Work order: Search the records for the string "nought". Copy each line where it occurs.

Input:
-- ===== src/Number.antt =====
-- Python's float: the operations that the library's arithmetic uses, as an interface. Durations,
-- clock readings, prices, sigma and k are floats; token, request and step counts are ints.
pub mod Fixed
pub mod Order
use agentpause.Prelude.{
  ℕ, Bool, true, false, not, ◌&&◌, ◌≡◌, ◌⊎◌, Option, none, some, if◌then◌else◌,
}
use agentpause.Prelude.Int.{ℤ, pos, leb_ℤ, ◌+ℤ◌, ◌≤ℤ◌}

pub record Float (F : Type 0) : Type 0 where
  -- an int where a float is wanted
  pub of_int : ℤ → F
  -- the decimal literal m / n
  pub lit : ℕ → ℕ → F
  pub add : F → F → F
  pub sub : F → F → F
  pub mul : F → F → F
  pub div : F → F → F
  -- `x ** n`
  pub pow : F → ℕ → F
  -- `x ** 0.5`
  pub sqrt : F → F
  pub le : F → F → Bool
  pub lt : F → F → Bool
  -- `math.ceil`, `int` and `int(round(·))`
  pub ceil : F → ℤ
  pub trunc : F → ℤ
  pub round : F → ℤ

module _ {F : Type 0} ⦃f : Float F⦄ where
  open f use {le, lt, of_int}

  abbrev pub nought : F
  nought = of_int (pos 0)

  infix 4 ◌≼◌
  abbrev pub ◌≼◌ : F → F → Type 0
  x ≼ y = le x y ≡ true

  -- `min(a, b)` and `max(a, b)`: the first of two equal values is returned.
  abbrev pub min_f : F → F → F
  min_f a b = if lt b a then b else a

  abbrev pub max_f : F → F → F
  max_f a b = if lt a b then b else a

  -- `bool(x)`, which is false at zero
  abbrev pub truthy : F → Bool
  truthy x = not (le x nought && le nought x)

  -- `a or b`, where each may be None
  abbrev pub or_else : Option F → Option F → Option F
  or_else none b = b
  or_else (some a) b = if truthy a then some a else b

-- The order of the floats other than NaN.
pub record IsOrdered (F : Type 0) ⦃f : Float F⦄ : Type 0 where
  pub le_refl : (x : F) → x ≼ x
  pub le_trans : (x y z : F) → x ≼ y → y ≼ z → x ≼ z
  pub le_total : (x y : F) → (x ≼ y) ⊎ (y ≼ x)
  pub lt-eq-not-le : (x y : F) → f.lt x y ≡ not (f.le y x)

-- Arithmetic without rounding: sums and differences are exact, and ints embed in the floats.
pub record IsExact (F : Type 0) ⦃f : Float F⦄ : Type 0 where
  pub ordered : IsOrdered F
  pub add_comm : (x y : F) → f.add x y ≡ f.add y x
  pub add_assoc : (x y z : F) → f.add (f.add x y) z ≡ f.add x (f.add y z)
  pub add_zero : (x : F) → f.add x nought ≡ x
  pub le-sub : (x y z : F) → f.le (f.sub x y) z ≡ f.le x (f.add z y)
  pub sub-le : (x y z : F) → f.le x (f.sub y z) ≡ f.le (f.add x z) y
  pub of_int-le : (a b : ℤ) → f.le (f.of_int a) (f.of_int b) ≡ leb_ℤ a b
  -- an int plus a float against an int: the float may be rounded up first
  pub ceil-le :
      (x : F) (a b : ℤ) → f.le (f.add (f.of_int a) x) (f.of_int b) ≡ leb_ℤ (a +ℤ f.ceil x) b

-- Rounding keeps the order: what IEEE arithmetic guarantees away from NaN.
pub record IsMonotone (F : Type 0) ⦃f : Float F⦄ : Type 0 where
  pub ordered : IsOrdered F
  pub add_mono : (w x y z : F) → w ≼ x → y ≼ z → f.add w y ≼ f.add x z
  pub mul_mono : (x y z : F) → nought ≼ x → y ≼ z → f.mul x y ≼ f.mul x z
  pub div_mono : (x y z : F) → x ≼ y → f.lt nought z ≡ true → f.div x z ≼ f.div y z
  pub of_int_mono : (a b : ℤ) → a ≤ℤ b → f.of_int a ≼ f.of_int b
  pub of_int_pos : (a : ℤ) → pos 1 ≤ℤ a → f.lt nought (f.of_int a) ≡ true

-- `int` of a float that is no less than a count is no less than it either.
abbrev pub Truncates : (F : Type 0) → ⦃f : Float F⦄ → Type 0
Truncates F ⦃f⦄ = (x : F) (k : ℕ) → f.of_int (pos k) ≼ x → pos k ≤ℤ f.trunc x
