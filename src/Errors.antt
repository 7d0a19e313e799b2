-- ===== src/Errors.antt =====
-- The typed errors of src/agentpause/errors.py, and the results of methods that raise.
-- Messages are left out: nothing in the library reads them.
use agentpause.Prelude.{Bool, true, false, Option, none, ◌≡◌, ◌≢◌, ◌⊎◌, inl, inr, refl}

pub data Error (F : Type 0) : Type 0 where
  -- `RateLimitHit(retry_after)`
  rate_limit_hit : Option F → Error F
  telemetry_error : Error F
  checkpoint_error : Error F
  -- `BackendError(retriable)`
  backend_error : Bool → Error F
  kv_error : Error F
  gpu_error : Error F
  -- `CircuitOpenError`, of breaker.py
  circuit_open_error : Error F
  -- an exception that does not derive from `AgentPauseError`
  foreign : Error F

pub data Result (F A : Type 0) : Type 0 where
  ok : A → Result F A
  raise : Error F → Result F A

pub data Verdict : Type 0 where
  -- a rate limit or a retriable failure: another try or another provider may help
  transient : Verdict
  -- anything else propagates at once
  fatal : Verdict

-- The `except` clauses that breaker.py, fallback.py, router.py and scheduler.py share.
abbrev pub verdict : {F : Type 0} → Error F → Verdict
verdict (rate_limit_hit _) = transient
verdict (backend_error true) = transient
verdict (backend_error false) = fatal
verdict telemetry_error = fatal
verdict checkpoint_error = fatal
verdict kv_error = fatal
verdict gpu_error = fatal
verdict circuit_open_error = fatal
verdict foreign = fatal

-- `isinstance(exc, RateLimitHit)`, and the `retry_after` of one
abbrev pub is_limit : {F : Type 0} → Error F → Bool
is_limit (rate_limit_hit _) = true
is_limit telemetry_error = false
is_limit checkpoint_error = false
is_limit (backend_error _) = false
is_limit kv_error = false
is_limit gpu_error = false
is_limit circuit_open_error = false
is_limit foreign = false

abbrev pub hint : {F : Type 0} → Error F → Option F
hint (rate_limit_hit retry_after) = retry_after
hint telemetry_error = none
hint checkpoint_error = none
hint (backend_error _) = none
hint kv_error = none
hint gpu_error = none
hint circuit_open_error = none
hint foreign = none

-- `isinstance(exc, TelemetryError)`
abbrev pub is_blind : {F : Type 0} → Error F → Bool
is_blind (rate_limit_hit _) = false
is_blind telemetry_error = true
is_blind checkpoint_error = false
is_blind (backend_error _) = false
is_blind kv_error = false
is_blind gpu_error = false
is_blind circuit_open_error = false
is_blind foreign = false

pub Result-cases :
    {F A : Type 0} (r : Result F A) → ((a : A) × (r ≡ ok a)) ⊎ ((e : Error F) × (r ≡ raise e))
Result-cases (ok a) = inl (a, refl)
Result-cases (raise e) = inr (e, refl)

pub ok-ne-raise : {F A : Type 0} (a : A) (e : Error F) → ok a ≢ raise e
ok-ne-raise a e h = cc
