-- ===== src/Text.antt =====
-- Python's str as code points: equality, literals, slices and the decimal digits of f-strings.
use Prim.Native.Char.{code}
use Prim.Native.String.{String}
use agentpause.Prelude.{
  ℕ, zero, suc, ◌+◌, ◌/◌, ◌%◌, Bool, true, false, ◌&&◌, List, [], ◌∷◌, ◌++◌, ◌≡◌, ◌↔◌, refl, arith,
  ◌==◌, if◌then◌else◌,
}
use agentpause.Prelude.Dict.{Eq}

abbrev pub Text : Type 0
Text = List ℕ

-- A literal of the source.
abbrev pub codes : String → Text
codes String.[] = []
codes (String.◌∷◌ c s) = code c ∷ codes s

abbrev pub text_eq : Text → Text → Bool
text_eq [] [] = true
text_eq [] (y ∷ ys) = false
text_eq (x ∷ xs) [] = false
text_eq (x ∷ xs) (y ∷ ys) = x == y && text_eq xs ys

pub text_eq_iff : (s t : Text) → (text_eq s t ≡ true) ↔ (s ≡ t)
text_eq_iff [] [] = (λ e. refl, λ e. refl)
text_eq_iff [] (y ∷ ys) = (λ e. cc, λ e. cc)
text_eq_iff (x ∷ xs) [] = (λ e. cc, λ e. cc)
text_eq_iff (x ∷ xs) (y ∷ ys) =
    let rest = text_eq_iff xs ys in (λ e. ground arith, λ e. ground arith)

instance abbrev pub text_instance : Eq Text
text_instance = record { beq = text_eq; beq_iff = text_eq_iff }

-- `s.replace(a, b)` for single characters
abbrev pub replace : ℕ → ℕ → Text → Text
replace a b [] = []
replace a b (c ∷ s) = (if c == a then b else c) ∷ replace a b s

-- the last character, or 0
abbrev pub last : Text → ℕ
last [] = 0
last (c ∷ []) = c
last (c ∷ d ∷ s) = last (d ∷ s)

pub last-append : (s : Text) (c : ℕ) (t : Text) → last (s ++ (c ∷ t)) ≡ last (c ∷ t)
last-append [] c t = refl
last-append (a ∷ []) c t = refl
last-append (a ∷ b ∷ s) c t = last-append (b ∷ s) c t

-- `separator.join(parts)`
abbrev pub join : Text → List Text → Text
join sep [] = []
join sep (s ∷ []) = s
join sep (s ∷ t ∷ ts) = s ++ (sep ++ join sep (t ∷ ts))

-- `str(n)`: the digits of `n`, most significant first, before those already written
pub digits : ℕ → ℕ → Text → Text
digits zero n acc = acc
digits (suc fuel) n acc =
    let acc' : Text = (48 + n % 10) ∷ acc in
    elim (n / 10 == 0) [ true ↦ acc' | false ↦ digits fuel (n / 10) acc' ]

unfoldable pub decimal : ℕ → Text
unfolding digits
decimal n = digits (suc n) n []

two_digits : decimal 42 ≡ codes "42"
unfolding decimal
two_digits = refl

Result of the exercise:
  abbrev pub nought : F
  nought = of_int (pos 0)
  truthy x = not (le x nought && le nought x)
  pub add_zero : (x : F) → f.add x nought ≡ x
  pub mul_mono : (x y z : F) → nought ≼ x → y ≼ z → f.mul x y ≼ f.mul x z
  pub div_mono : (x y z : F) → x ≼ y → f.lt nought z ≡ true → f.div x z ≼ f.div y z
  pub of_int_pos : (a : ℤ) → pos 1 ≤ℤ a → f.lt nought (f.of_int a) ≡ true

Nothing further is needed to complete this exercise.